Jakarta (ANTARA) - Komisi Pemberantasan Korupsi (KPK) pada Kamis memanggil dua petinggi PT PLN (Persero) dalam penyidikan kasus tindak pidana korupsi terkait kesepakatan kontrak kerja sama pembangunan PLTU Riau-1.

Dua petinggi PLN itu, yakni Direktur Bisnis Regional Sulawesi PT PLN Syamsul Huda dan Direktur Bisnis Regional Kalimantan PT PLN Machnizon.

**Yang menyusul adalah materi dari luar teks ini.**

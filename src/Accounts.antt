-- ===== src/Accounts.antt =====
-- app/accounts.py: AccountStore, the users and their passwords.
pub mod Tables
pub mod Passwords
pub mod Identities
pub mod Uploads
pub mod Sessions
pub mod Authority
pub mod Consistency
pub mod Methods
pub mod History
pub mod Changes
pub mod SignOut
pub mod Login
pub mod Cookies
use text.Mathlib.Text.{◌==◌ as str_eq}
use computecluster.Prelude.{
  ℕ, ◌+◌, String, Bool, true, false, Option, none, some, List, [], ◌∷◌, ◌++◌, not, ◌&&◌, ◌||◌, ltb,
  ◌==◌, if◌then◌else◌, is_none, find, any, map, update_where, sort_by,
}
use Tables.{
  UserRole, UserRow, AccountTables, SessionIdentity, UserRead, is_admin_role, row_to_identity,
  row_to_user,
}
use Passwords.{ScryptFunction, hash_password, verify_password}

pub data AccountError : Type 0 where
  user_exists : String → AccountError
  user_not_found : ℕ → AccountError
  invalid_current_password : AccountError
  external_identity_conflict : AccountError
  integrity_error : AccountError
  value_error : AccountError

pub data Outcome (A : Type 0) : Type 0 where
  done : A → Outcome A
  raises : AccountError → Outcome A

pub record UserCreate : Type 0 where
  pub username : String
  pub password : String
  pub role : UserRole

abbrev pub has_user_id : ℕ → UserRow → Bool
has_user_id user_id u = u.id == user_id

abbrev pub has_username : String → UserRow → Bool
has_username username u = str_eq u.username username

abbrev pub is_member_id : ℕ → UserRow → Bool
is_member_id user_id u = u.id == user_id && not (is_admin_role u.role)

unfoldable pub get_identity : ℕ → Option ℕ → AccountTables → Option SessionIdentity
unfolding row_to_identity
get_identity user_id session_version db = elim (find (has_user_id user_id) db.users) [
  | none ↦ none
  | some u ↦
      if u.disabled
        || (elim session_version [ none ↦ false | some v ↦ not (u.session_version == v) ])
      then none
      else some (row_to_identity u)
]

unfoldable pub session_version : ℕ → AccountTables → Outcome ℕ
session_version user_id db = elim (find (has_user_id user_id) db.users) [
  | none ↦ raises (user_not_found user_id)
  | some u ↦ done u.session_version
]

unfoldable pub raise_version : UserRow → UserRow
raise_version u = record u { session_version = u.session_version + 1 }

-- WHERE id = ? AND session_version = ?
unfoldable pub revoke_sessions : ℕ → ℕ → AccountTables → AccountTables
unfolding raise_version
revoke_sessions user_id version db = record db {
  users =
      update_where (λ u. u.id == user_id && u.session_version == version) raise_version db.users;
}

-- The text order of usernames is the parameter `before`: ORDER BY role DESC, username.
unfoldable pub list_users : (String → String → Bool) → AccountTables → List UserRead
unfolding row_to_user
list_users before db = map row_to_user (
    sort_by
      (λ u v.
        (not (is_admin_role u.role) && is_admin_role v.role)
        || (not (is_admin_role u.role || is_admin_role v.role)
            || (is_admin_role u.role && is_admin_role v.role))
          && before u.username v.username)
      db.users)

unfoldable pub disable_row : Bool → UserRow → UserRow
disable_row disabled u = record u { disabled = disabled }

-- The RETURNING row: the id is the primary key.
unfoldable pub set_disabled : ℕ → Bool → AccountTables → AccountTables × Outcome UserRead
unfolding disable_row row_to_user
set_disabled user_id disabled db = elim (find (is_member_id user_id) db.users) [
  | none ↦ (db, raises (user_not_found user_id))
  | some u ↦ (
    record db { users = update_where (is_member_id user_id) (disable_row disabled) db.users },
    done (row_to_user (disable_row disabled u)),
  )
]

unfoldable pub password_row : String → UserRow → UserRow
password_row hash u = record u {
  password_hash = some hash;
  session_version = u.session_version + 1;
}

module _ (scrypt : ScryptFunction) where
  -- `password_hash is None or not verify_password(...)`, negated
  abbrev pub password_matches : String → UserRow → Bool
  password_matches password u = elim u.password_hash [
    | none ↦ false
    | some hash ↦ verify_password scrypt password hash
  ]

  unfoldable pub new_user : ℕ → ℕ → List ℕ → UserCreate → UserRow
  unfolding hash_password
  new_user user_id now salt request = record {
    id = user_id;
    username = request.username;
    role = request.role;
    password_hash = some (hash_password scrypt request.password salt);
    disabled = false;
    created_at = now;
    session_version = 1;
  }

  -- The fresh id, the time and the salt are drawn before the INSERT.
  unfoldable pub create :
      ℕ → ℕ → List ℕ → UserCreate → AccountTables → AccountTables × Outcome UserRead
  unfolding new_user row_to_user
  create user_id now salt request db =
      if any (has_user_id user_id) db.users
      then (db, raises integrity_error)
      else if any (has_username request.username) db.users
      then (db, raises (user_exists request.username))
      else (
        record db { users = db.users ++ new_user user_id now salt request ∷ [] },
        done (row_to_user (new_user user_id now salt request)),
      )

  unfoldable pub authenticate : String → String → AccountTables → Option SessionIdentity
  unfolding verify_password row_to_identity
  authenticate username password db = elim (find (has_username username) db.users) [
    | none ↦ none
    | some u ↦
        if u.disabled || not (password_matches password u) then none else some (row_to_identity u)
  ]

  unfoldable pub change_password :
      ℕ → String → String → List ℕ → AccountTables → AccountTables × Outcome Unit
  unfolding password_row hash_password verify_password
  change_password user_id current_password new_password salt db =
      elim (find (λ u. u.id == user_id && not u.disabled) db.users) [
        | none ↦ (db, raises invalid_current_password)
        | some u ↦
            if password_matches current_password u
            then (
              record db {
                users =
                    update_where (has_user_id user_id)
                      (password_row (hash_password scrypt new_password salt)) db.users;
              },
              done tt,
            )
            else (db, raises invalid_current_password)
      ]

  unfoldable pub reset_password : ℕ → String → List ℕ → AccountTables → AccountTables × Outcome Unit
  unfolding password_row hash_password
  reset_password user_id new_password salt db = elim (find (is_member_id user_id) db.users) [
    | none ↦ (db, raises (user_not_found user_id))
    | some u ↦ (
      record db {
        users =
            update_where (is_member_id user_id)
              (password_row (hash_password scrypt new_password salt)) db.users;
      },
      done tt,
    )
  ]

Keduanya dijadwalkan diperiksa sebagai saksi untuk tersangka Dirut PLN nonaktif Sofyan Basir (SFB).

"Penyidik hari ini dijadwalkan memeriksa dua orang saksi dari unsur direksi PT PLN untuk tersangka SFB terkait kasus tindak pidana korupsi terkait kesepakatan kontrak kerja sama pembangunan PLTU Riau-1," kata Juru Bicara KPK Febri Diansyah saat dikonfirmasi di Jakarta, Kamis.

Sebelumnya, KPK pada Rabu (15/5) juga telah memeriksa tiga petinggi PT PLN lainnya untuk tersangka Sofyan, yakni Senior Vice President Legal Corporate PT PLN Dedeng Hidayat, Direktur Bisnis Regional Jawa bagian Timur, Bali, dan Nusa Tenggara PT PLN Djoko R Abumanan, dan Direktur Bisnis Regional Jawa bagian Tengah PT PLN Amir Rosidin.

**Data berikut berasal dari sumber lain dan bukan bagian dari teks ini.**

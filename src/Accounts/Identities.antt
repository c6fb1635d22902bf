-- ===== src/Accounts/Identities.antt =====
-- app/accounts.py: external identities. A provider, a subject and a display name are lists of code
-- points; strip() and lower() are those of ASCII.
use computecluster.Prelude.{
  ℕ, ◌+◌, Bool, false, Option, none, some, List, [], ◌∷◌, ◌++◌, not, ◌&&◌, ◌||◌, leb, ltb, ◌==◌,
  if◌then◌else◌, find, any, map, length, update_where, filter_by,
}
use computecluster.Paths.{same_points}
use computecluster.Accounts.Tables.{
  ExternalIdentityRow, AccountTables, SessionIdentity, row_to_identity,
}
use computecluster.Accounts.{
  Outcome, done, raises, value_error, external_identity_conflict, integrity_error, has_user_id,
}

abbrev is_space : ℕ → Bool
is_space c = c == 32 || (leb 9 c && leb c 13) || (leb 28 c && leb c 31)

abbrev lower_letter : ℕ → ℕ
lower_letter c = if leb 65 c && leb c 90 then c + 32 else c

unfoldable pub strip_left : List ℕ → List ℕ
strip_left [] = []
strip_left (c ∷ cs) = let rest = strip_left cs in if is_space c then rest else c ∷ cs

-- Drops the whitespace behind the last other character.
unfoldable pub strip_right : List ℕ → List ℕ
strip_right [] = []
strip_right (c ∷ cs) = elim (strip_right cs) [
  | [] ↦ if is_space c then [] else c ∷ []
  | d ∷ ds ↦ c ∷ d ∷ ds
]

unfoldable pub strip : List ℕ → List ℕ
unfolding strip_left strip_right
strip text = strip_right (strip_left text)

unfoldable pub normalized : List ℕ → List ℕ
unfolding strip
normalized text = map lower_letter (strip text)

-- "tailscale"
abbrev pub tailscale : List ℕ
tailscale = 116 ∷ 97 ∷ 105 ∷ 108 ∷ 115 ∷ 99 ∷ 97 ∷ 108 ∷ 101 ∷ []

-- normalize_external_provider, whose one value is "tailscale": whether it returns
unfoldable pub is_supported : List ℕ → Bool
unfolding normalized
is_supported provider = same_points (normalized provider) tailscale

unfoldable pub normalize_external_subject : List ℕ → Option (List ℕ)
unfolding normalized
normalize_external_subject subject =
    let text = normalized subject in
    if length text == 0 || ltb 320 (length text) then none else some text

abbrev pub is_subject : List ℕ → ExternalIdentityRow → Bool
is_subject subject r = same_points r.subject subject

abbrev pub is_user : ℕ → ExternalIdentityRow → Bool
is_user user_id r = r.user_id == user_id

-- The subject belongs to another user, or the user has another subject.
unfoldable pub conflicts : ℕ → List ℕ → List ExternalIdentityRow → Bool
conflicts user_id subject rows =
    (elim (find (is_subject subject) rows) [ none ↦ false | some r ↦ not (r.user_id == user_id) ])
    || (elim (find (is_user user_id) rows) [
      | none ↦ false
      | some r ↦ not (same_points r.subject subject)
    ])

unfoldable pub rename : List ℕ → ExternalIdentityRow → ExternalIdentityRow
rename display_name r = record r { display_name = display_name }

abbrev new_identity : ℕ → List ℕ → List ℕ → ℕ → ExternalIdentityRow
new_identity user_id subject display_name now = record {
  subject = subject;
  user_id = user_id;
  display_name = display_name;
  linked_at = now;
}

-- INSERT ... ON CONFLICT(provider, subject) DO UPDATE: the stored row is renamed, or a new row must
-- keep UNIQUE (user_id, provider) and its user must exist.
unfoldable pub upsert :
    ℕ → List ℕ → List ℕ → ℕ → AccountTables → AccountTables × Outcome ExternalIdentityRow
unfolding rename
upsert user_id subject display_name now db =
    let row = new_identity user_id subject display_name now in
    elim (find (is_subject subject) db.identities) [
      | some old ↦ (
        record db {
          identities = update_where (is_subject subject) (rename display_name) db.identities;
        },
        done (rename display_name old),
      )
      | none ↦
          if any (is_user user_id) db.identities || not (any (has_user_id user_id) db.users)
          then (db, raises integrity_error)
          else (record db { identities = db.identities ++ row ∷ [] }, done row)
    ]

unfoldable pub link_external_identity :
    ℕ → List ℕ → List ℕ → List ℕ → ℕ → AccountTables → AccountTables × Outcome ExternalIdentityRow
unfolding normalize_external_subject is_supported conflicts upsert strip
link_external_identity user_id provider subject display_name now db =
    elim (normalize_external_subject subject) [
      | none ↦ (db, raises value_error)
      | some s ↦
          if not (is_supported provider)
          then (db, raises value_error)
          else if conflicts user_id s db.identities
          then (db, raises external_identity_conflict)
          else upsert user_id s (strip display_name) now db
    ]

unfoldable pub external_identity : ℕ → List ℕ → AccountTables → Outcome (Option ExternalIdentityRow)
unfolding is_supported
external_identity user_id provider db =
    if is_supported provider
    then done (find (is_user user_id) db.identities)
    else raises value_error

-- The rows of one user and the one provider: `rowcount == 1` of the DELETE.
unfoldable pub unlink_external_identity : ℕ → List ℕ → AccountTables → AccountTables × Outcome Bool
unfolding is_supported
unlink_external_identity user_id provider db =
    if is_supported provider
    then (
      record db { identities = filter_by (λ r. not (is_user user_id r)) db.identities },
      done (length (filter_by (is_user user_id) db.identities) == 1),
    )
    else (db, raises value_error)

-- The JOIN: the user of the identity, where there is one that is not disabled.
unfoldable pub resolve_external_identity :
    List ℕ → List ℕ → AccountTables → Outcome (Option SessionIdentity)
unfolding is_supported normalize_external_subject row_to_identity
resolve_external_identity provider subject db = elim (normalize_external_subject subject) [
  | none ↦ raises value_error
  | some s ↦
      if not (is_supported provider)
      then raises value_error
      else elim (find (is_subject s) db.identities) [
        | none ↦ done none
        | some r ↦ elim (find (λ u. has_user_id r.user_id u && not u.disabled) db.users) [
          | none ↦ done none
          | some u ↦ done (some (row_to_identity u))
        ]
      ]
]
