-- ===== src/Service/Words.antt =====
-- service.go, `splitWords`: a command line is cut into words, with quotes and backslashes. A string
-- is the list of its runes here.
pub mod Quoted
use soju_bouncer.Prelude.{
  ℕ, Bool, true, false, ◌&&◌, ◌||◌, not, List, [], ◌∷◌, ◌++◌, leb, nat_eq, if◌then◌else◌, nat_Eq,
  Str, str_Eq, pair_Eq,
}

pub record State : Type 0 where
  pub words : List Str
  pub last_word : Str
  pub escape : Bool
  pub prev : ℕ
  pub word_delim : ℕ

pub data WordsError : Type 0 where
  unterminated_quote unterminated_backslash : WordsError

pub data WordsResult : Type 0 where
  split_ok : List Str → WordsResult
  split_err : WordsError → WordsResult

-- `unicode.IsSpace`.
unfoldable pub is_unicode_space : ℕ → Bool
is_unicode_space r =
    (leb 9 r && leb r 13)
    || nat_eq r b' '
    || nat_eq r 133
    || nat_eq r 160
    || nat_eq r 5760
    || (leb 8192 r && leb r 8202)
    || nat_eq r 8232
    || nat_eq r 8233
    || nat_eq r 8239
    || nat_eq r 8287
    || nat_eq r 12288

abbrev pub write : State → ℕ → State
write st r = record st { last_word = st.last_word ++ r ∷ [] }

abbrev pub end_word : State → State
end_word st = record st { words = st.words ++ st.last_word ∷ []; last_word = [] }

-- The tests of the loop's body, in their order.
abbrev pub read_rune : State → ℕ → State
read_rune st r =
    if st.escape
    then record (write st r) { escape = false }
    else if nat_eq r b'\\'
    then record st { escape = true }
    else if nat_eq st.word_delim b' ' && is_unicode_space r
    then (if is_unicode_space st.prev then st else end_word st)
    else if nat_eq r st.word_delim
    then record st { word_delim = b' ' }
    else if nat_eq r b'"' || nat_eq r b'\''
    then (if nat_eq st.word_delim b' ' then record st { word_delim = r } else write st r)
    else write st r

unfoldable pub step : State → ℕ → State
step st r = record (read_rune st r) { prev = r }

unfoldable pub read_all : State → Str → State
unfolding step
read_all st [] = st
read_all st (r ∷ s) = read_all (step st r) s

abbrev pub finish : State → WordsResult
finish st =
    let words = if is_unicode_space st.prev then st.words else st.words ++ st.last_word ∷ [] in
    if not (nat_eq st.word_delim b' ')
    then split_err unterminated_quote
    else if st.escape
    then split_err unterminated_backslash
    else split_ok words

abbrev pub start : State
start = record { words = []; last_word = []; escape = false; prev = b' '; word_delim = b' ' }

unfoldable pub split_words : Str → WordsResult
unfolding read_all is_unicode_space
split_words s = finish (read_all start s)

Penyidik mendalami keterangan saksi-saksi dari pihak direksi PT PLN itu terkait kesediaan menandatangani dokumen kerja sama pembangunan PLTU Riau-1.

Untuk diketahui, KPK pada Selasa (23/4) telah menetapkan Sofyan sebagai tersangka karena diduga menerima suap dari pemegang saham Blackgold Natural Resources Johannes Budisutrisno Kotjo.

Dalam kronologi kasus tersebut, Johannes Kotjo mencari bantuan agar diberikan jalan untuk berkoordinasi dangan PT PLN untuk mendapatkan proyek "Independent Power Producer" (IPP) Pembangkit Listrik Tenaga Uap Mulut Tambang RIAU-1 (PLTU MT RIAU-1).

Diduga, telah terjadi beberapa kali penemuan yang dihadiri sebagian atau seluruh pihak, yaitu Sofyan Basir, Eni Maulani Saragih, dan Johannes Kotjo membahas proyek PLTU.

Pada 2016, meskipun belum terbit Peraturan Presiden Nomor 4 tahun 2016 tentang Percepatan Pembangunan Infrastruktur Ketenagalistrikan yang menugaskan PT PLN menyelenggarakan Pembangunan Infrastruktur Kelistrikan (PIK), dalam pertemuan tersebut diduga Sofyan telah menunjuk Johannes Kotjo untuk mengerjakan proyek di Riau (PLTU Riau-1) karena untuk PLTU di Jawa sudah penuh dan sudah ada kandidat.

Kemudian, PLTU Riau-1 dengan kapasitas 2x300 MW masuk dalam Rencana Umum Penyediaan Tenaga Listrik (RUPTL) PLN.

Johannes Kotjo meminta anak buahnya untuk siap-siap karena sudah dipastikan Riau-1 milik PT Samantaka.

Setelah itu, diduga Sofyan Basir menyuruh salah satu Direktur PT PLN agar "Power Purchase Agreement" (PPA) antara PLN dengan Blackgold Natural Resources dan China Huadian Engineering Co (CHEC) segera direalisasikan.

Sampai dengan Juni 2018, diduga terjadi sejumlah pertemuan yang dihadiri sebagian atau seluruh pihak, yaitu Sofyan, Eni Maulani Saragih, dan Johannes Kotjo serta pihak lain di sejumlah tempat seperti hotel, restoran, kantor PLN, dan rumah Sofyan.

Tersangka Sofyan pun telah mengajukan permohonan praperadilan di Pengadilan Negeri Jakarta Selatan. Sidang perdana praperadilan Sofyan akan digelar pada Senin (20/5).